Designers, it seems safe to say, are definitely part of the 'in vogue' crowd. Aren't they? Whether other professions like it or not, designers are cool. They wear cool clothes, buy cool music, work in hipster bastions and are - generally - ahead of the curve.
Well, it's a shame the same cannot be said for the technology they use, inherited from the 1980s and 1990s.
Because - and here's the thing - design technology, particularly with regards to 3D modelling, hasn't changed a whole lot in the last 20 or so years. Really. In the time that smartphones and tablets have managed to take over our lives, for cars and trucks to become driverless and for books to go digital, not much has really changed for designers.
This has produced a myriad of different problems. Computer Aided-Design (CAD) is now stuck in a position where the software that is being used is far too complicated, ruining the user experience. For example, AutoCAD - a popular software for designers - has more than 4,000 buttons. This level of complexity makes the entry barrier to design unnecessarily high and ruins both the user interface (UI) and user experience (UX).
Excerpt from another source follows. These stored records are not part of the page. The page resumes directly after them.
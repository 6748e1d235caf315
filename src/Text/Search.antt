-- ===== src/Text/Search.antt =====
-- What the searches of a text find: `match_indices` against the offsets at which a pattern stands.
use shirita.Prelude.{
  ℕ, zero, suc, ◌+◌, ◌-◌, ◌≤◌, ◌<◌, ◌≡◌, refl, ap, inl, inr, Bool, true, false, List, [], ◌∷◌, ◌++◌,
  sym, ◌∙◌, arith, Bool-cases, length, take, drop, take-append-drop,
}
use native.Mathlib.Decide.{dec_lt}
use shirita.Text.{Text, starts_with, matches_from, match_indices}

-- The pattern stands at offset `i`.
abbrev pub Stands : Text → Text → ℕ → Type 0
Stands p s i = starts_with p (drop i s) ≡ true

abbrev pub Absent : Text → Text → ℕ → Type 0
Absent p s i = starts_with p (drop i s) ≡ false

pub record IsFirst (p s : Text) (i : ℕ) : Type 0 where
  pub inside : i ≤ length s
  pub stands : Stands p s i
  pub before : (m : ℕ) → m < i → Absent p s m

-- The one match: nothing before it, and nothing from its end on.
pub record IsOnly (p s : Text) (i : ℕ) : Type 0 where
  pub first : IsFirst p s i
  pub after : (m : ℕ) → i + length p ≤ m → m ≤ length s → Absent p s m

matches_from-none :
    (p : Text) (i skip : ℕ) (s : Text)
    → matches_from p i skip s ≡ []
    → (m : ℕ) → skip ≤ m
    → m ≤ length s
    → Absent p s m
unfolding matches_from
matches_from-none [] i skip [] h m l u = cc
matches_from-none (q ∷ qs) i skip [] h zero l u = refl
matches_from-none (q ∷ qs) i skip [] h (suc m) l u = absurd (omega arith)
matches_from-none p i (suc skip) (c ∷ s) h zero l u = absurd (omega arith)
matches_from-none p i (suc skip) (c ∷ s) h (suc m) l u =
    matches_from-none p (i + 1) skip s h m (omega arith) (omega arith)
matches_from-none p i zero (c ∷ s) h zero l u = ground arith
matches_from-none p i zero (c ∷ s) h (suc m) l u = elim (Bool-cases (starts_with p (c ∷ s))) [
  | inl hit ↦ cc
  | inr miss ↦ matches_from-none p (i + 1) 0 s (rw miss at h) m (omega arith) (omega arith)
]

-- No match: the pattern stands nowhere.
pub match_indices-none :
    (p s : Text) → match_indices p s ≡ [] → (m : ℕ) → m ≤ length s → Absent p s m
unfolding match_indices
match_indices-none p s h m u = matches_from-none p 0 0 s h m (omega arith) u

abbrev Later : Text → Text → ℕ → Type 0
Later p s lo = (m : ℕ) × (lo ≤ m) × (m ≤ length s) × Stands p s m

-- What the head of a list of matches says, the offsets counted from where the scan stands.
record Head (p : Text) (i skip : ℕ) (s : Text) (j : ℕ) (rest : List ℕ) (k : ℕ) : Type 0 where
  at : j ≡ i + k
  inside : k ≤ length s
  stands : Stands p s k
  before : (m : ℕ) → skip ≤ m → m < k → Absent p s m
  reach : 0 < length p → skip ≤ k
  again : 0 < length p → (j' : ℕ) (r' : List ℕ) → rest ≡ j' ∷ r' → Later p s (k + length p)
  after : 0 < length p → rest ≡ [] → (m : ℕ) → k + length p ≤ m → m ≤ length s → Absent p s m

Head-suc :
    (p : Text) (i skip skip' : ℕ) (c : ℕ) (s : Text) (j : ℕ) (rest : List ℕ) (k : ℕ)
    → skip' ≡ skip - 1
    → (skip ≡ 0 → starts_with p (c ∷ s) ≡ false)
    → Head p (i + 1) skip' s j rest k
    → Head p i skip (c ∷ s) j rest (suc k)
Head-suc p i skip skip' c s j rest k e miss h = record {
  at = omega (arith, h.at);
  inside = omega (arith, h.inside);
  stands = h.stands;
  before = elim [
    | zero ↦ λ l u. miss (omega arith)
    | suc m ↦ λ l u. h.before m (omega arith) (omega arith)
  ];
  reach = λ ne. omega (arith, h.reach ne);
  again =
      λ ne j' r' f. let (m, l, u, st) = h.again ne j' r' f in (suc m, omega arith, omega arith, st);
  after = λ ne f. elim [
    | zero ↦ λ l u. absurd (omega arith)
    | suc m ↦ λ l u. h.after ne f m (omega arith) (omega arith)
  ];
}

starts_with-nil : (p : Text) → starts_with p [] ≡ true → p ≡ []
unfolding starts_with
starts_with-nil [] h = refl
starts_with-nil (q ∷ qs) h = cc

matches_from-Head :
    (p : Text) (i skip : ℕ) (s : Text) (j : ℕ) (rest : List ℕ)
    → matches_from p i skip s ≡ j ∷ rest
    → (k : ℕ) × Head p i skip s j rest k
unfolding matches_from
matches_from-Head [] i skip [] j rest h = (
  0,
  record {
    at = ground arith;
    inside = omega arith;
    stands = refl;
    before = λ m l u. absurd (omega arith);
    reach = λ ne. absurd (omega arith);
    again = λ ne j' r' f. absurd (omega arith);
    after = λ ne f m l u. absurd (omega arith);
  },
)
matches_from-Head (q ∷ qs) i skip [] j rest h = cc
matches_from-Head p i (suc skip) (c ∷ s) j rest h =
    let (k, hd) = matches_from-Head p (i + 1) skip s j rest h in
    (suc k, Head-suc p i (suc skip) skip c s j rest k (omega arith) (λ e. absurd (omega arith)) hd)
matches_from-Head p i zero (c ∷ s) j rest h = elim (Bool-cases (starts_with p (c ∷ s))) [
  | inl hit ↦ (
    0,
    record {
      at = ground arith;
      inside = omega arith;
      stands = hit;
      before = λ m l u. absurd (omega arith);
      reach = λ ne. omega arith;
      again = λ ne j' r' f.
          let (k, hd) = matches_from-Head p (i + 1) (length p - 1) s j' r' (ground arith) in
          (suc k, omega (arith, hd.reach ne), omega (arith, hd.inside), hd.stands);
      after = λ ne f. elim [
        | zero ↦ λ l u. absurd (omega arith)
        | suc m ↦ λ l u.
            matches_from-none p (i + 1) (length p - 1) s (ground arith) m (omega arith)
              (omega arith)
      ];
    },
  )
  | inr miss ↦
      let (k, hd) = matches_from-Head p (i + 1) 0 s j rest (rw miss at h) in
      (suc k, Head-suc p i 0 0 c s j rest k (omega arith) (λ e. miss) hd)
]

-- The first match that is listed is the leftmost place at which the pattern stands.
pub match_indices-IsFirst :
    (p s : Text) (i : ℕ) (rest : List ℕ) → match_indices p s ≡ i ∷ rest → IsFirst p s i
unfolding match_indices
match_indices-IsFirst p s i rest h =
    let (k, hd) = matches_from-Head p 0 0 s i rest h in
    let e : i ≡ k = omega (arith, hd.at) in
    rw e (record {
      inside = hd.inside;
      stands = hd.stands;
      before = λ m u. hd.before m (omega arith) u;
    })

-- A single match of a pattern that is not empty.
pub match_indices-IsOnly :
    (p s : Text) (i : ℕ) → 0 < length p → match_indices p s ≡ i ∷ [] → IsOnly p s i
match_indices-IsOnly p s i ne h = record {
  first = match_indices-IsFirst p s i [] h;
  after =
      let (k, hd) = matches_from-Head p 0 0 s i [] (unfold match_indices in h) in
      let e : i ≡ k = omega (arith, hd.at) in rw e (hd.after ne refl);
}

true-ne-false : {b : Bool} → b ≡ true → b ≡ false → ⊥
true-ne-false p q = cc

IsFirst-unique : (p s : Text) (i j : ℕ) → IsFirst p s i → IsFirst p s j → i ≡ j
IsFirst-unique p s i j a b = elim (dec_lt i j) [
  | yes l ↦ absurd (true-ne-false a.stands (b.before i l))
  | no n ↦ elim (dec_lt j i) [
    | yes l ↦ absurd (true-ne-false b.stands (a.before j l))
    | no m ↦ omega arith
  ]
]

-- A pattern that stands at one place only is found there, and nowhere else.
pub match_indices-single :
    (p s : Text) (i : ℕ) → 0 < length p → IsOnly p s i → match_indices p s ≡ i ∷ []
match_indices-single p s i ne o = go (match_indices p s) refl
  where
    go : (l : List ℕ) → match_indices p s ≡ l → match_indices p s ≡ i ∷ []
    go [] e = absurd (true-ne-false o.first.stands (match_indices-none p s e i o.first.inside))
    go (j ∷ []) e =
        e
        ∙ ap (λ (x : ℕ). x ∷ []) (IsFirst-unique p s j i (match_indices-IsFirst p s j [] e) o.first)
    go (j ∷ k ∷ r) e =
        let (x, hd) = matches_from-Head p 0 0 s j (k ∷ r) (unfold match_indices in e) in
        let (m, l, u, st) = hd.again ne k r refl in
        let ji : j ≡ i = IsFirst-unique p s j i (match_indices-IsFirst p s j (k ∷ r) e) o.first in
        absurd (true-ne-false st (o.after m (omega (arith, hd.at)) u))

starts_with-drop : (p s : Text) → starts_with p s ≡ true → s ≡ p ++ drop (length p) s
unfolding starts_with
starts_with-drop [] s h = refl
starts_with-drop (q ∷ qs) [] h = cc
starts_with-drop (q ∷ qs) (c ∷ s) h = ground (arith, starts_with-drop qs s)

length-starts_with : (p s : Text) → starts_with p s ≡ true → length p ≤ length s
unfolding starts_with
length-starts_with [] s h = omega arith
length-starts_with (q ∷ qs) [] h = cc
length-starts_with (q ∷ qs) (c ∷ s) h = ground (arith, length-starts_with qs s)

starts_with-append : (p s : Text) → starts_with p (p ++ s) ≡ true
unfolding starts_with
starts_with-append [] s = refl
starts_with-append (q ∷ qs) s = ground (arith, starts_with-append qs s)

drop-nil : (n : ℕ) → drop {A = ℕ} n [] ≡ []
drop-nil zero = refl
drop-nil (suc n) = refl

drop-add : (i n : ℕ) (s : Text) → drop n (drop i s) ≡ drop (i + n) s
drop-add zero n s = ap (λ (k : ℕ). drop k s) {x = n} {y = 0 + n} (omega arith)
drop-add (suc i) n [] = rw (drop-nil n, drop-nil (suc i + n))
drop-add (suc i) n (c ∷ s) =
    drop-add i n s ∙ ap (λ (k : ℕ). drop k (c ∷ s)) {x = suc (i + n)} {y = suc i + n} (omega arith)

-- A text at which the pattern stands is cut in three there.
pub Stands-split :
    (p s : Text) (i : ℕ) → Stands p s i → s ≡ take i s ++ (p ++ drop (i + length p) s)
Stands-split p s i h =
    sym (take-append-drop i s)
    ∙ ap (λ t. take i s ++ t)
        (starts_with-drop p (drop i s) h ∙ ap (λ t. p ++ t) (drop-add i (length p) s))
Similarly, the costs of current design software are astronomical. Another platform, Onshape, costs more than $1,000 per year. This makes it a big yearly outgoing for self-employed designers and those that work for small or medium sized businesses (SMEs).
The 3D Modelling Revolution
But all is not lost. 3D modelling has - finally - started to catch up with other technology sectors. Since its inception (exact dates are a little hazy), 3D modelling has revolutionized a number of sectors, including architecture, healthcare and manufacturing. Now, with mobile software options available, designers can finally make the most of mobile technology in the same way that accountants, journalists and other professions did before them.
With mobile technology, 3D modelling has been reinvented for the 21st Century - do not underestimate how much of a revolution this is for professionals that have been stuck with desktop CAD programs since the 1980s.
First of all, the change finally takes into consideration people's changing work habits - namely, when, where and how they choose to work. Freelancing as a designer, or even being a Digital Nomad, allows designers to work wherever they choose. Now, having the right tools for their work available on the go makes this an actual possibility.
For example, the iPad Pro now supports design software that is fully mobile. Users can get the most out of any software they choose to design products on the bus, on a plane, or any other location they want.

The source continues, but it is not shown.